In the records below, work out how many lines hold the word "left". Report the number alone.

**DATA EXTRACTS:**
++++
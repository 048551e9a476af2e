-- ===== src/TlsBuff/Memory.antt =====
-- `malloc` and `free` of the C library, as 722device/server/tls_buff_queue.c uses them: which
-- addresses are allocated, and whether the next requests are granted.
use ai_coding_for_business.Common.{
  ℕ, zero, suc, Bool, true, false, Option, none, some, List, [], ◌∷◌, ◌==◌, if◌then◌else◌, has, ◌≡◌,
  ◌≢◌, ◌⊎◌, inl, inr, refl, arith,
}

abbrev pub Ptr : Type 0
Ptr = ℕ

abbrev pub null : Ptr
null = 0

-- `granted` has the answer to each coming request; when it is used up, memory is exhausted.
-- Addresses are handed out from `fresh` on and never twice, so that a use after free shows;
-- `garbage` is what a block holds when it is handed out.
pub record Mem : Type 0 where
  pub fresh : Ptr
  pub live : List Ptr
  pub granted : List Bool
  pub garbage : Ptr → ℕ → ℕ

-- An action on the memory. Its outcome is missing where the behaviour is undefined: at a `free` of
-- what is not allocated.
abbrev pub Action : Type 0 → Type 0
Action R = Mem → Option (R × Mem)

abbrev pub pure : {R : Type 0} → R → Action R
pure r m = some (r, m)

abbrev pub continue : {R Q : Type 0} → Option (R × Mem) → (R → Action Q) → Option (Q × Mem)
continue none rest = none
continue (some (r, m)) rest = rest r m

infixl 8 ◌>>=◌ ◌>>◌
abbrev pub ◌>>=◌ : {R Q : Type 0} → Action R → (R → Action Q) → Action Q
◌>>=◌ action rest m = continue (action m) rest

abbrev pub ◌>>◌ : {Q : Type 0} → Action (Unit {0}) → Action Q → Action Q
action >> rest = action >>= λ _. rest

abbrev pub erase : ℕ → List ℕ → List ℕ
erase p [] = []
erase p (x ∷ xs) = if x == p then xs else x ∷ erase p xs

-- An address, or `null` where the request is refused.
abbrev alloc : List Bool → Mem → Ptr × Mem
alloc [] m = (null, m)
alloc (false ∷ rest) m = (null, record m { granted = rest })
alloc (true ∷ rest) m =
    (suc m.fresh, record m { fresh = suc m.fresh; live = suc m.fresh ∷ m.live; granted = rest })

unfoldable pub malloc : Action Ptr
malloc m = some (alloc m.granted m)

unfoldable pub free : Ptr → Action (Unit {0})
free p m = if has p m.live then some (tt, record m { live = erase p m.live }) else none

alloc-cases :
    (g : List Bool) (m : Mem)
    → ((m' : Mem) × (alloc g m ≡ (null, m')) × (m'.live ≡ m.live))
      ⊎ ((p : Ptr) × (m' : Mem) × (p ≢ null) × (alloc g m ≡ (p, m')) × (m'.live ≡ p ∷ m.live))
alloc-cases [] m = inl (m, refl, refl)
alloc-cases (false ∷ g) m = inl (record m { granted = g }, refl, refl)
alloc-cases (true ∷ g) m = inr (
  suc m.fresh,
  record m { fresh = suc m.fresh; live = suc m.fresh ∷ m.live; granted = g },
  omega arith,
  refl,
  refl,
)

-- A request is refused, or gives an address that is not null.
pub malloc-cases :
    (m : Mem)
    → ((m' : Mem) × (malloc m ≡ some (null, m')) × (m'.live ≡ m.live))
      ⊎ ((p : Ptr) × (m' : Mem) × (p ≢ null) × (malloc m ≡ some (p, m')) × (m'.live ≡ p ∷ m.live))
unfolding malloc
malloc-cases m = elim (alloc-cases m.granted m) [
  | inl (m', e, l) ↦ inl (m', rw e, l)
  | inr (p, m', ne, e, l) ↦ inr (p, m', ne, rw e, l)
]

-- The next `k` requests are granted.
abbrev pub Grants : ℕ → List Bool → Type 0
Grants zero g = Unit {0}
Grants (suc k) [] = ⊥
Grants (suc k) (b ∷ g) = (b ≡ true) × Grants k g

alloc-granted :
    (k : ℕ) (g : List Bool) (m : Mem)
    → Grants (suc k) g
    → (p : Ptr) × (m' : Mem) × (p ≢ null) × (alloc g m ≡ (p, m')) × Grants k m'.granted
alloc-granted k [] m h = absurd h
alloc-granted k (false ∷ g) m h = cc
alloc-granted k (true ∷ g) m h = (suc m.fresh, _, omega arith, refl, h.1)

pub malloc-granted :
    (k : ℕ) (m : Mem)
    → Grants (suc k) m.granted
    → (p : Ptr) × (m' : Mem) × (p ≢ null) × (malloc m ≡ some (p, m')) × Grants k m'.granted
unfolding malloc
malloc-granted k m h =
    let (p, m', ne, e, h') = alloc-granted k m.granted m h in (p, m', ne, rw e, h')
++++
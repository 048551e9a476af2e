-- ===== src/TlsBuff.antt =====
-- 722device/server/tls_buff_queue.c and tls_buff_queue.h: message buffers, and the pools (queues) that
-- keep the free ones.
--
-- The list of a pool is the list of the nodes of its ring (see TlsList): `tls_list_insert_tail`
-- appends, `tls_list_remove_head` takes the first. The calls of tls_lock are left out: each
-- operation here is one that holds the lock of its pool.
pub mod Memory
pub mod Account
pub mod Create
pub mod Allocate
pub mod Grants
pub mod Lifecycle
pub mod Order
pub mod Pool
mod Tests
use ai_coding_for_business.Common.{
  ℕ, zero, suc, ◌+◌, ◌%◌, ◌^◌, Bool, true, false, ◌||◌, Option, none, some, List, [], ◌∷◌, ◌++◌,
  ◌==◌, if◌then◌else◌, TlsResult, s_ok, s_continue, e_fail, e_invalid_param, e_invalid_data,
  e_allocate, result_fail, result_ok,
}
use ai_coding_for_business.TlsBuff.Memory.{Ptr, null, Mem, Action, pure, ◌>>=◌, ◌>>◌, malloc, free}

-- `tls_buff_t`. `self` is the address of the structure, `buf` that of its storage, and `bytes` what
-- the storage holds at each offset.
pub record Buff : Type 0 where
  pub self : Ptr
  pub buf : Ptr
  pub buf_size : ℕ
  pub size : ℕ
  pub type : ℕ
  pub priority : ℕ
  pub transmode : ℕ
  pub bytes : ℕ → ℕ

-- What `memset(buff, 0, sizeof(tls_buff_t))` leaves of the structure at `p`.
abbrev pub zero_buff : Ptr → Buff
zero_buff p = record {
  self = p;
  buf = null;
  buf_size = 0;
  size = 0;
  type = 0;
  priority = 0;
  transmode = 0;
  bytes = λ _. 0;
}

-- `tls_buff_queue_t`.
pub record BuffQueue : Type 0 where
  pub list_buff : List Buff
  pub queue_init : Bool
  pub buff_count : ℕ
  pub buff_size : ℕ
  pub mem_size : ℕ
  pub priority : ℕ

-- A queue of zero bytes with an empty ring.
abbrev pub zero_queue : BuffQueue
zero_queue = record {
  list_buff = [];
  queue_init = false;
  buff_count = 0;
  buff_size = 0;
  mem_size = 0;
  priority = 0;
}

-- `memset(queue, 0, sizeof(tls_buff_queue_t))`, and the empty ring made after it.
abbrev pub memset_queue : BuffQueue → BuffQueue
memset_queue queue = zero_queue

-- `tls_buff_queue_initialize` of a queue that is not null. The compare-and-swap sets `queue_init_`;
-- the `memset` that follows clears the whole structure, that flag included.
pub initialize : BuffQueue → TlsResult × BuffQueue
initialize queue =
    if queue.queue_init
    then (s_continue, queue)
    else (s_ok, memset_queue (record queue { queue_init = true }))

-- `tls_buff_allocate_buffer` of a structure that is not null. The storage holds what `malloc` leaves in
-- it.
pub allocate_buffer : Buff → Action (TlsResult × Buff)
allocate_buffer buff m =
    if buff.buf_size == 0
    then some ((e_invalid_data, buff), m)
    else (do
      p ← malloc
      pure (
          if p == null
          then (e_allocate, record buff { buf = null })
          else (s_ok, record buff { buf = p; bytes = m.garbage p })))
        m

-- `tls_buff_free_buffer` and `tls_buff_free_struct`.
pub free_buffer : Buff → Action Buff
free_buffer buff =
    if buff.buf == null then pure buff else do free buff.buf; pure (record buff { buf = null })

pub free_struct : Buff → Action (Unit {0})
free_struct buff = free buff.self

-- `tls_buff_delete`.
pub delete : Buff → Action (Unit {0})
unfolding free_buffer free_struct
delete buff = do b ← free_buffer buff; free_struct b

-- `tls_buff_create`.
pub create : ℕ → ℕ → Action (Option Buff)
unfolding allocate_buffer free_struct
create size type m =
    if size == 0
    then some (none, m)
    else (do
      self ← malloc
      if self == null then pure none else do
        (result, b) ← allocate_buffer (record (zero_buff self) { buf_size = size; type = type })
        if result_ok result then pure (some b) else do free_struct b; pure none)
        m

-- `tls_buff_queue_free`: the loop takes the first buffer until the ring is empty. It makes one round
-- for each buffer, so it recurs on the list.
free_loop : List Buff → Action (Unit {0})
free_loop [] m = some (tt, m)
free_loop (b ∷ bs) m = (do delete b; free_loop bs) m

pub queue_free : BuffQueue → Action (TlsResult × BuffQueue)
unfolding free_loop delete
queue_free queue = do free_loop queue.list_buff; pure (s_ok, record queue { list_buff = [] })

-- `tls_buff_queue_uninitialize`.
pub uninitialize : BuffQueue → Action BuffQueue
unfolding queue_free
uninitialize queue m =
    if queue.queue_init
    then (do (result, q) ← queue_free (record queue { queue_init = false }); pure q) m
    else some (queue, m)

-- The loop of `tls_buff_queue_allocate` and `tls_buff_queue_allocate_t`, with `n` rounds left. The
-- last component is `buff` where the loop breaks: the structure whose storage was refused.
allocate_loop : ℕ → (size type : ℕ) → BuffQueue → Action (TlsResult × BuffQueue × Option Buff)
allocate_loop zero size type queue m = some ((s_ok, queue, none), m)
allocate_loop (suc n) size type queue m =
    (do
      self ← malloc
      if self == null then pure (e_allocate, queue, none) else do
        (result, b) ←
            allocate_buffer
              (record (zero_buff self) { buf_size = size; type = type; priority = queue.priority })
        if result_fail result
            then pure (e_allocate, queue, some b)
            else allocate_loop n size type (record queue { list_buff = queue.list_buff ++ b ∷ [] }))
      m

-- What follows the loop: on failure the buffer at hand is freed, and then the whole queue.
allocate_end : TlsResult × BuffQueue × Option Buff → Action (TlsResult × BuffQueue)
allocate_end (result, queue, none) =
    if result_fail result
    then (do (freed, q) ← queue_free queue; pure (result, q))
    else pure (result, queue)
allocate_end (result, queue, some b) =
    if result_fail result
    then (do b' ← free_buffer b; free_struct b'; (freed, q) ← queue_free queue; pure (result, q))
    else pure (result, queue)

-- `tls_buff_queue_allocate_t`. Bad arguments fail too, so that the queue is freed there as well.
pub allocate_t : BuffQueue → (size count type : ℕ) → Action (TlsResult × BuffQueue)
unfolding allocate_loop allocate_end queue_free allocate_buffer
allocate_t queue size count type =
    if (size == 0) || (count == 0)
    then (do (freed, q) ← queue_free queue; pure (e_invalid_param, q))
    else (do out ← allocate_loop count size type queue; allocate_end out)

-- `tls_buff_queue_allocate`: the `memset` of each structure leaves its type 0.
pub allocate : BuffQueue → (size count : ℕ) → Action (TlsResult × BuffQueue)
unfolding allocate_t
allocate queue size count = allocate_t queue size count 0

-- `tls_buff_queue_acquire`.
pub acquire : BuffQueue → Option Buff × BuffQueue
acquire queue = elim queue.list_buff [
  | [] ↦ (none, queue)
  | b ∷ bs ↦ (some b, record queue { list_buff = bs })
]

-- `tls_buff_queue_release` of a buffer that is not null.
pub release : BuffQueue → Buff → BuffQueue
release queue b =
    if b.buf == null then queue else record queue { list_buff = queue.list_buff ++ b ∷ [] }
++++
**SOLVED EXERCISE:** 2